How do you find a way into a new city? A place of 44 square miles and 600,000 people, that you have just 7 days to grasp. Through top-5s and must-sees, skimming surfaces and sights. Or do you apply the philosophy of home and live as the locals do. Vancouver has a city-wide campaign that plumps for the latter, titled appropriately We Are Local. Highlighting boutiques and cafes, bike stores and cooking schools, rather than acquariums and museums, its apt for a city that is defined not by one location, but stretches across diverse neighborhoods and shifts depending on where you are standing, that day.
Here’s We Are Local’s take on city exploration: “Supporting locally-owned, independent businesses will make you feel witty, clever and charming. You’re looking for more reasons to shop locally? Well, for starters, the products and experiences found in independently-owned locations reflect your individuality and are infinitely more interesting than those found in chain stores and restaurants.
And, did you know that when you shop locally it keeps more money in the community – that’s right, feeding your neighbours equals instant karma points. Mother Nature loves local too; the impact on the environment is less when shopping locally. But the very best part of supporting local businesses is discovering the people and communities that make a city unique.”
So marketing bought into I took in Main Street, Canadian style, which is not the Main Street that we know in the USA. This avenue on the east side of Vancouver traverses SOMA, a former dogdy area that underwent the classic process of artistic gentrification in 1990s. It's now a staunchly hipster stretch which has (vintage) chic among old school shabby.
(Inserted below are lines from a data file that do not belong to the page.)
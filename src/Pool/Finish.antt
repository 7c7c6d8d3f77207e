-- ===== src/Pool/Finish.antt =====
-- Whole runs of a pool with dynamic claims: what the joined shards hold, and how long a run takes.
use jsonstreambench.Prelude.{
  ℕ, zero, suc, ◌+◌, ◌-◌, ◌*◌, ◌%◌, ◌≤◌, ◌<◌, ◌≡◌, refl, ap, ◌∙◌, sym, true, false, List, [], ◌∷◌,
  inl, inr, none, some, arith, get_elem?, length, length-set, u64_mod, Option-cases,
}
use jsonstreambench.Pool.{Worker, Pool, Job, advance, step, run, all_done, spawn, spawn_from}
use jsonstreambench.Pool.Total.{total, range}
use jsonstreambench.Pool.Dynamic.{
  finished, pending, load, Counts, Ends, Inv, left, advance-Goes, finished_le,
}

-- Steps that were taken by threads inside their loops.
unfoldable pub busy_steps {ℓ} : {Shard : Type ℓ} → Job Shard → List ℕ → Pool Shard → ℕ
busy_steps job [] p = 0
busy_steps job (i ∷ is) p =
    let b : ℕ = elim (get_elem? p.workers i) [ none ↦ 0 | some w ↦ 1 - finished w.pc ] in
    b + busy_steps job is (step job i p)

length-step {ℓ} :
    {Shard : Type ℓ} (job : Job Shard) (i : ℕ) (p : Pool Shard)
    → length (step job i p).workers ≡ length p.workers
unfolding step
length-step job i p = elim (Option-cases (get_elem? p.workers i)) [
  | inl missing ↦ rw (missing, step)
  | inr (w, is) ↦ rw (is, step) (length-set p.workers i (advance job p.cursor w w.pc).1)
]

pub length-run {ℓ} :
    {Shard : Type ℓ} (job : Job Shard) (is : List ℕ) (p : Pool Shard)
    → length (run job is p).workers ≡ length p.workers
unfolding run
length-run job [] p = refl
length-run job (i ∷ is) p = length-run job is (step job i p) ∙ length-step job i p

module _ {ℓ} {Shard : Type ℓ} (job : Job Shard) (g : Shard → ℕ) (c : ℕ → ℕ) (n : ℕ) where
  -- What a schedule leads to.
  record Leads (m : ℕ) (p q : Pool Shard) (busy : ℕ) : Type 0 where
    m' : ℕ
    inv : Inv job g c n m' q
    falls : left job g c n m' q + busy ≤ left job g c n m p

  module _ (spare : ℕ) (dynamic : job.static ≡ false) (counts : Counts job g c)
      (ends : Ends job n spare) where
    step-Leads :
        (m i : ℕ) (p : Pool Shard)
        → length p.workers ≤ spare
        → Inv job g c n m p
        → Leads m p
            (step job i p)
            (elim (get_elem? p.workers i) [ none ↦ 0 | some w ↦ 1 - finished w.pc ])
    unfolding step
    step-Leads m i p few inv = elim (Option-cases (get_elem? p.workers i)) [
      | inl missing ↦ rw (missing, step) (record { m' = m; inv = inv; falls = omega arith })
      | inr (w, is) ↦
          rw (is, step)
            (let r =
                advance-Goes job g c n spare dynamic counts ends m p inv i w is w.pc few refl in
              record { m' = r.m'; inv = r.inv; falls = omega (arith, r.falls, finished_le w.pc) })
    ]

    run-Leads :
        (sched : List ℕ) (m : ℕ) (p : Pool Shard)
        → length p.workers ≤ spare
        → Inv job g c n m p
        → Leads m p (run job sched p) (busy_steps job sched p)
    unfolding run busy_steps
    run-Leads [] m p few inv = record { m' = m; inv = inv; falls = omega arith }
    run-Leads (i ∷ is) m p few inv =
        let first = step-Leads m i p few inv in
        let rest =
          run-Leads is first.m' (step job i p) (omega (arith, length-step job i p)) first.inv in
        record { m' = rest.m'; inv = rest.inv; falls = omega (arith, first.falls, rest.falls) }

    all_done-counts :
        (ws : List (Worker Shard))
        → all_done ws ≡ true
        → (total (λ w. finished w.pc) ws ≡ length ws)
          × (total (λ w. g w.shard + pending c w.pc) ws ≡ total (λ w. g w.shard) ws)
    unfolding all_done total
    all_done-counts [] h = (refl, refl)
    all_done-counts (w ∷ ws) h = ground (arith, all_done-counts ws)

    spawn_from-counts : (empty : Shard) (slices workers w k : ℕ) → g empty ≡ 0 → record {
      len : length (spawn_from empty slices workers w k) ≡ k;
      fin : total (λ w. finished w.pc) (spawn_from empty slices workers w k) ≡ 0;
      sum : total (λ w. g w.shard + pending c w.pc) (spawn_from empty slices workers w k) ≡ 0;
      work : total (λ w. load w.pc) (spawn_from empty slices workers w k) ≡ k;
    }
    unfolding spawn_from total
    spawn_from-counts empty slices workers w zero z = record {
      len = refl;
      fin = refl;
      sum = refl;
      work = refl;
    }
    spawn_from-counts empty slices workers w (suc k) z =
        let r = spawn_from-counts empty slices workers (w + 1) k z in
        record {
          len = omega (arith, r.len);
          fin = omega (arith, r.fin);
          sum = omega (arith, r.sum, z);
          work = omega (arith, r.work);
        }

    module _ (empty : Shard) (slices workers : ℕ) (zero_empty : g empty ≡ 0)
        (room : (n + workers) * job.unit < u64_mod) (few : workers ≤ spare) where
      spawn-few : length (spawn empty slices workers).workers ≤ spare
      unfolding spawn
      spawn-few = omega (arith, (spawn_from-counts empty slices workers 0 workers zero_empty).len)

      spawn-Inv : Inv job g c n 0 (spawn empty slices workers)
      unfolding spawn range
      spawn-Inv =
          let r = spawn_from-counts empty slices workers 0 workers zero_empty in
          record {
            at = omega (arith, ap (λ t. (0 + t) * job.unit) r.fin);
            within = omega arith;
            late = inl r.fin;
            room = rw r.len room;
            sums = ap (λ t. t % u64_mod) r.sum;
          }

      -- Behind an interleaving of dynamic claims in which all threads end, a counter of the
      -- shards holds, modulo `2 ^ 64`, the claims below the end, each once.
      pub dynamic_total :
          (sched : List ℕ)
          → 0 < workers
          → all_done (run job sched (spawn empty slices workers)).workers ≡ true
          → total (λ w. g w.shard) (run job sched (spawn empty slices workers)).workers % u64_mod
            ≡ range (λ j. c (j * job.unit)) 0 n % u64_mod
      dynamic_total sched some_workers finish =
          let r = run-Leads sched 0 (spawn empty slices workers) spawn-few spawn-Inv in
          let (fin, sum) =
            all_done-counts (run job sched (spawn empty slices workers)).workers finish in
          let len : length (run job sched (spawn empty slices workers)).workers ≡ workers =
            length-run job sched (spawn empty slices workers)
            ∙ unfold spawn in (spawn_from-counts empty slices workers 0 workers zero_empty).len in
          let all : r.m' ≡ n = elim r.inv.late [
            | inl z ↦ absurd (omega (arith, fin, len))
            | inr e ↦ e
          ] in
          sym (ap (λ t. t % u64_mod) sum)
          ∙ r.inv.sums
          ∙ ap (λ m. range (λ j. c (j * job.unit)) 0 m % u64_mod) all

      -- No interleaving of dynamic claims holds more than two steps of a running thread for
      -- each claim and one for each thread.
      pub dynamic_busy_steps :
          (sched : List ℕ) → busy_steps job sched (spawn empty slices workers) ≤ 2 * n + workers
      unfolding spawn
      dynamic_busy_steps sched =
          let r = run-Leads sched 0 (spawn empty slices workers) spawn-few spawn-Inv in
          omega (arith, r.falls, (spawn_from-counts empty slices workers 0 workers zero_empty).work)
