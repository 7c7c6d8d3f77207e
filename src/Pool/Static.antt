-- ===== src/Pool/Static.antt =====
-- Static claims: the runs of claims that threads have of their own.
use mathlib.Core.Path.{subst}
use native.Mathlib.Nat.{mod-eq_of_lt, le-div_iff_mul-le, div-mul-le_self, zero-div, mul-div_cancel}
use jsonstreambench.Prelude.{
  ℕ, zero, suc, ◌+◌, ◌-◌, ◌*◌, ◌/◌, ◌%◌, ◌≤◌, ◌<◌, ◌≡◌, refl, ap, ◌∙◌, true, false, List, [], ◌∷◌,
  inl, inr, some, arith, leb, get_elem?, set, length, u64_mod, Option-cases, Bool-cases,
}
use jsonstreambench.Pool.{
  Pc, ready, holding, done, Worker, Pool, Job, settle, claim, advance, step, run, all_done, spawn,
  spawn_from,
}
use jsonstreambench.Pool.Total.{total, range, range_snoc, range_split}
use jsonstreambench.Pool.Dynamic.{finished, pending, Counts, Ends, mul-le-mul_right}
use jsonstreambench.Pool.Finish.{length-run}

le_lt : {a b d : ℕ} → a ≤ b → b < d → a < d
le_lt p q = omega arith

le_le : {a b d : ℕ} → a ≤ b → b ≤ d → a ≤ d
le_le p q = omega arith

all_done-cons {ℓ} :
    {Shard : Type ℓ} (w : Worker Shard) (ws : List (Worker Shard))
    → all_done (w ∷ ws) ≡ true
    → (w.pc ≡ done) × (all_done ws ≡ true)
unfolding all_done
all_done-cons w ws d = ground arith

length-spawn_from {ℓ} :
    {Shard : Type ℓ} (empty : Shard) (slices workers w k : ℕ)
    → length (spawn_from empty slices workers w k) ≡ k
unfolding spawn_from
length-spawn_from empty slices workers w zero = refl
length-spawn_from empty slices workers w (suc k) =
    ap suc (length-spawn_from empty slices workers (w + 1) k)

module _ {ℓ} {Shard : Type ℓ} (job : Job Shard) (g : Shard → ℕ) (c : ℕ → ℕ) (n : ℕ) where
  abbrev claimed : ℕ → ℕ → ℕ
  claimed = range (λ j. c (j * job.unit))

  -- A thread whose run is `[a, b)`: what it has claimed so far is in its shard or pending.
  record Own (a b : ℕ) (w : Worker Shard) : Type 0 where
    low : a ≤ w.next
    high : w.next ≤ b
    end : w.last ≡ b
    top : b ≤ n
    fin : finished w.pc ≡ 1 → w.next ≡ b
    sums : (g w.shard + pending c w.pc) % u64_mod ≡ claimed a (w.next - a) % u64_mod

  module _ (static : job.static ≡ true) (counts : Counts job g c) (spare : ℕ)
      (ends : Ends job n spare) (room : n * job.unit < u64_mod) (a b : ℕ) where
    below : (k : ℕ) → k < n → k * job.unit < u64_mod
    below k h = let m = mul-le-mul_right k n job.unit (omega arith) in omega arith

    takes :
        (cursor : ℕ) (w : Worker Shard)
        → leb w.last w.next ≡ false
        → w.next < n
        → claim job cursor w
          ≡ (cursor, record w { next = w.next + 1; pc = holding (w.next * job.unit) })
    unfolding claim settle
    takes cursor w more h =
        let small : w.next * job.unit % u64_mod ≡ w.next * job.unit =
          mod-eq_of_lt (below w.next h) in
        rw (static, more, small, ends.goes w.next h)

    claimed_next : (k : ℕ) → a ≤ k → claimed a (k + 1 - a) ≡ claimed a (k - a) + c (k * job.unit)
    claimed_next k h =
        let e : k + 1 - a ≡ suc (k - a) = omega arith in
        let at : a + (k - a) ≡ k = omega arith in
        ap (claimed a) e
        ∙ range_snoc (λ j. c (j * job.unit)) a (k - a)
        ∙ ap (λ t. claimed a (k - a) + c (t * job.unit)) at

    advance-Own :
        (cursor : ℕ) (w : Worker Shard) (pc : Pc)
        → w.pc ≡ pc
        → Own a b w
        → Own a b (advance job cursor w pc).1
    unfolding advance claim settle
    advance-Own cursor w done e own = own
    advance-Own cursor w (holding token) e own = record {
      low = own.low;
      high = own.high;
      end = own.end;
      top = own.top;
      fin = λ h. absurd (omega arith);
      sums = omega (arith, ap (pending c) e, counts.adds token w.shard, own.sums);
    }
    advance-Own cursor w ready e own = elim (Bool-cases (leb w.last w.next)) [
      | inl over ↦
          rw (static, over)
            (record {
              low = own.low;
              high = own.high;
              end = own.end;
              top = own.top;
              fin = λ h. ground (arith, own.high, own.end);
              sums = omega (arith, ap (pending c) e, own.sums);
            })
      | inr more ↦
          let before : w.next < b = ground (arith, own.end) in
          rw (takes cursor w more (omega (arith, own.top))) (record {
            low = omega (arith, own.low);
            high = omega arith;
            end = own.end;
            top = own.top;
            fin = λ h. absurd (omega arith);
            sums = omega (arith, ap (pending c) e, own.sums, claimed_next w.next own.low);
          })
    ]

  claimed_split :
      (a b d : ℕ) → a ≤ b → b ≤ d → claimed a (d - a) ≡ claimed a (b - a) + claimed b (d - b)
  claimed_split a b d h k =
      let e : d - a ≡ b - a + (d - b) = omega arith in
      let at : a + (b - a) ≡ b = omega arith in
      ap (claimed a) e
      ∙ range_split (λ j. c (j * job.unit)) a (b - a) (d - b)
      ∙ ap (λ t. claimed a (b - a) + claimed t (d - b)) at

  -- The claim at which the run of thread `i` begins, for `workers` threads.
  abbrev pub bound : ℕ → ℕ → ℕ
  bound workers i = n * i % u64_mod / workers

  module _ (workers : ℕ) where
    -- Every thread of a list has its run, the first of them that of thread `i`.
    OwnFrom : ℕ → List (Worker Shard) → Type 0
    OwnFrom i [] = Unit
    OwnFrom i (w ∷ ws) = Own (bound workers i) (bound workers (i + 1)) w × OwnFrom (i + 1) ws

    OwnFrom-set :
        (i j : ℕ) (ws : List (Worker Shard)) (w w' : Worker Shard)
        → get_elem? ws j ≡ some w
        → ((a b : ℕ) → Own a b w → Own a b w')
        → OwnFrom i ws
        → OwnFrom i (set ws j w')
    unfolding OwnFrom
    OwnFrom-set i j [] w w' is keep own = own
    OwnFrom-set i zero (v ∷ ws) w w' is keep (first, rest) =
        (keep _ _ (subst (Own _ _) (ground arith) first), rest)
    OwnFrom-set i (suc j) (v ∷ ws) w w' is keep (first, rest) =
        (first, OwnFrom-set (i + 1) j ws w w' is keep rest)

    module _ (static : job.static ≡ true) (counts : Counts job g c) (spare : ℕ)
        (ends : Ends job n spare) (room : n * job.unit < u64_mod) where
      step-OwnFrom :
          (i : ℕ) (p : Pool Shard) → OwnFrom 0 p.workers → OwnFrom 0 (step job i p).workers
      unfolding step
      step-OwnFrom i p own = elim (Option-cases (get_elem? p.workers i)) [
        | inl missing ↦ rw (missing, step) own
        | inr (w, is) ↦
            rw (is, step)
              (OwnFrom-set 0 i p.workers w (advance job p.cursor w w.pc).1 is
                (λ a b. advance-Own static counts spare ends room a b p.cursor w w.pc refl) own)
      ]

      run-OwnFrom :
          (is : List ℕ) (p : Pool Shard) → OwnFrom 0 p.workers → OwnFrom 0 (run job is p).workers
      unfolding run
      run-OwnFrom [] p own = own
      run-OwnFrom (i ∷ is) p own = run-OwnFrom is (step job i p) (step-OwnFrom i p own)

      module _ (some_workers : 0 < workers) (small : n * workers < u64_mod) where
        bound_small : (i : ℕ) → i ≤ workers → n * i % u64_mod ≡ n * i
        bound_small i h = mod-eq_of_lt (le_lt (grind arith) small)

        bound_mono : (i : ℕ) → i + 1 ≤ workers → bound workers i ≤ bound workers (i + 1)
        bound_mono i h =
            rw (bound_small i (omega arith), bound_small (i + 1) h)
              ((le-div_iff_mul-le some_workers).1
                (le_le (div-mul-le_self (n * i) workers) (omega arith)))

        bound_last : bound workers workers ≡ n
        bound_last = rw (bound_small workers (omega arith)) (mul-div_cancel n some_workers)

        bound_first : bound workers 0 ≡ 0
        bound_first =
            let e : n * 0 ≡ 0 = omega arith in
            rw (bound_small 0 (omega arith), e) (zero-div workers)

        bound-le_from : (k i : ℕ) → i + k ≡ workers → bound workers i ≤ n
        bound-le_from zero i e =
            let e' : i ≡ workers = omega arith in omega (arith, ap (bound workers) e', bound_last)
        bound-le_from (suc k) i e =
            omega (arith, bound_mono i (omega arith), bound-le_from k (i + 1) (omega arith))

        spawn_from-OwnFrom :
            (empty : Shard) (i k : ℕ)
            → g empty ≡ 0
            → i + k ≡ workers
            → OwnFrom i (spawn_from empty n workers i k)
        unfolding OwnFrom spawn_from range
        spawn_from-OwnFrom empty i zero z e = tt
        spawn_from-OwnFrom empty i (suc k) z e = (
          record {
            low = omega arith;
            high = bound_mono i (omega arith);
            end = refl;
            top = bound-le_from k (i + 1) (omega arith);
            fin = λ h. absurd (omega arith);
            sums =
                let e : bound workers i - bound workers i ≡ 0 = omega arith in
                rw e (omega (arith, z));
          },
          spawn_from-OwnFrom empty (i + 1) k z (omega arith),
        )

        joined :
            (ws : List (Worker Shard)) (i j : ℕ)
            → i + length ws ≡ j
            → j ≤ workers
            → all_done ws ≡ true
            → OwnFrom i ws
            → (bound workers i ≤ bound workers j)
              × (total (λ w. g w.shard) ws % u64_mod
                  ≡ claimed (bound workers i) (bound workers j - bound workers i) % u64_mod)
        unfolding OwnFrom all_done total range
        joined [] i j e h d own =
            let e' : i ≡ j = omega arith in
            let z : bound workers j - bound workers j ≡ 0 = omega arith in rw (e', z) (omega arith)
        joined (w ∷ ws) i j e h d (first, rest) =
            let (finish, others) = all_done-cons w ws d in
            let a = bound workers i in
            let b = bound workers (i + 1) in
            let (le, sums) = joined ws (i + 1) j (omega arith) h others rest in
            let mono : a ≤ b = bound_mono i (omega arith) in
            let next : w.next ≡ b = first.fin (ap finished finish) in
            (
              omega arith,
              omega (
                arith,
                ap (pending c) finish,
                first.sums,
                sums,
                ap (λ t. claimed a (t - a)) next,
                claimed_split a b (bound workers j) mono le,
              ),
            )

        -- Behind an interleaving of static claims in which all threads end, a counter of
        -- the shards holds, modulo `2 ^ 64`, the claims below the end, each once.
        pub static_total :
            (empty : Shard) (sched : List ℕ)
            → g empty ≡ 0
            → all_done (run job sched (spawn empty n workers)).workers ≡ true
            → total (λ w. g w.shard) (run job sched (spawn empty n workers)).workers % u64_mod
              ≡ claimed 0 n % u64_mod
        static_total empty sched z d =
            let p = spawn empty n workers in
            let len : length (run job sched p).workers ≡ workers =
              length-run job sched p
              ∙ unfold spawn in length-spawn_from empty n workers 0 workers in
            let own =
              run-OwnFrom sched p
                (unfold spawn in spawn_from-OwnFrom empty 0 workers z (omega arith)) in
            let (le, sums) =
              joined (run job sched p).workers 0 workers (omega arith) (omega arith) d own in
            sums
            ∙ ap (λ t. claimed t (bound workers workers - t) % u64_mod) bound_first
            ∙ ap (λ t. claimed 0 t % u64_mod) (omega (arith, bound_last))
I found my way down it through something I’ve come to label “bakery-hopping”. Too old for a bar crawl, and too busy for brunch, it’s the equivalent of sampling and socialising across multiple destinations. Plus baked goods make me happy. Not for the sugar rush and the boxes, but they remind me of going on the round with my dad when I was growing up. While he talked to the customers, I’d get to eat eccles cakes straight off the production line, sip mugs of tea with freshly made oakcakes, pull slabs from loaves with the guy that just made them. We’d always arrive early as the day was getting started, share a snack and some banter, and be on our way. In my imagined parallel life, I’d be a baker.
Today, on the other side of the counter, meandering Main Street, I bought baked goods as sides to coffee, baked goods as fluff or jewellery, baked goods as nostalgia. There were morning buns at Kafta, lemon bars at Coco et Olive, and finally, pumpkin cream cheese muffins and cookie sandwiches at The Last Crumb. All eaten en plein air by False Creek’s Portobello West market, in the rain of course, this being Vancouver.
The moral of the story: If you can’t be local, find a way to travel local. Neighborhoods: these are the things that change, create and communicate a city. The sights will be there later, the scones might not.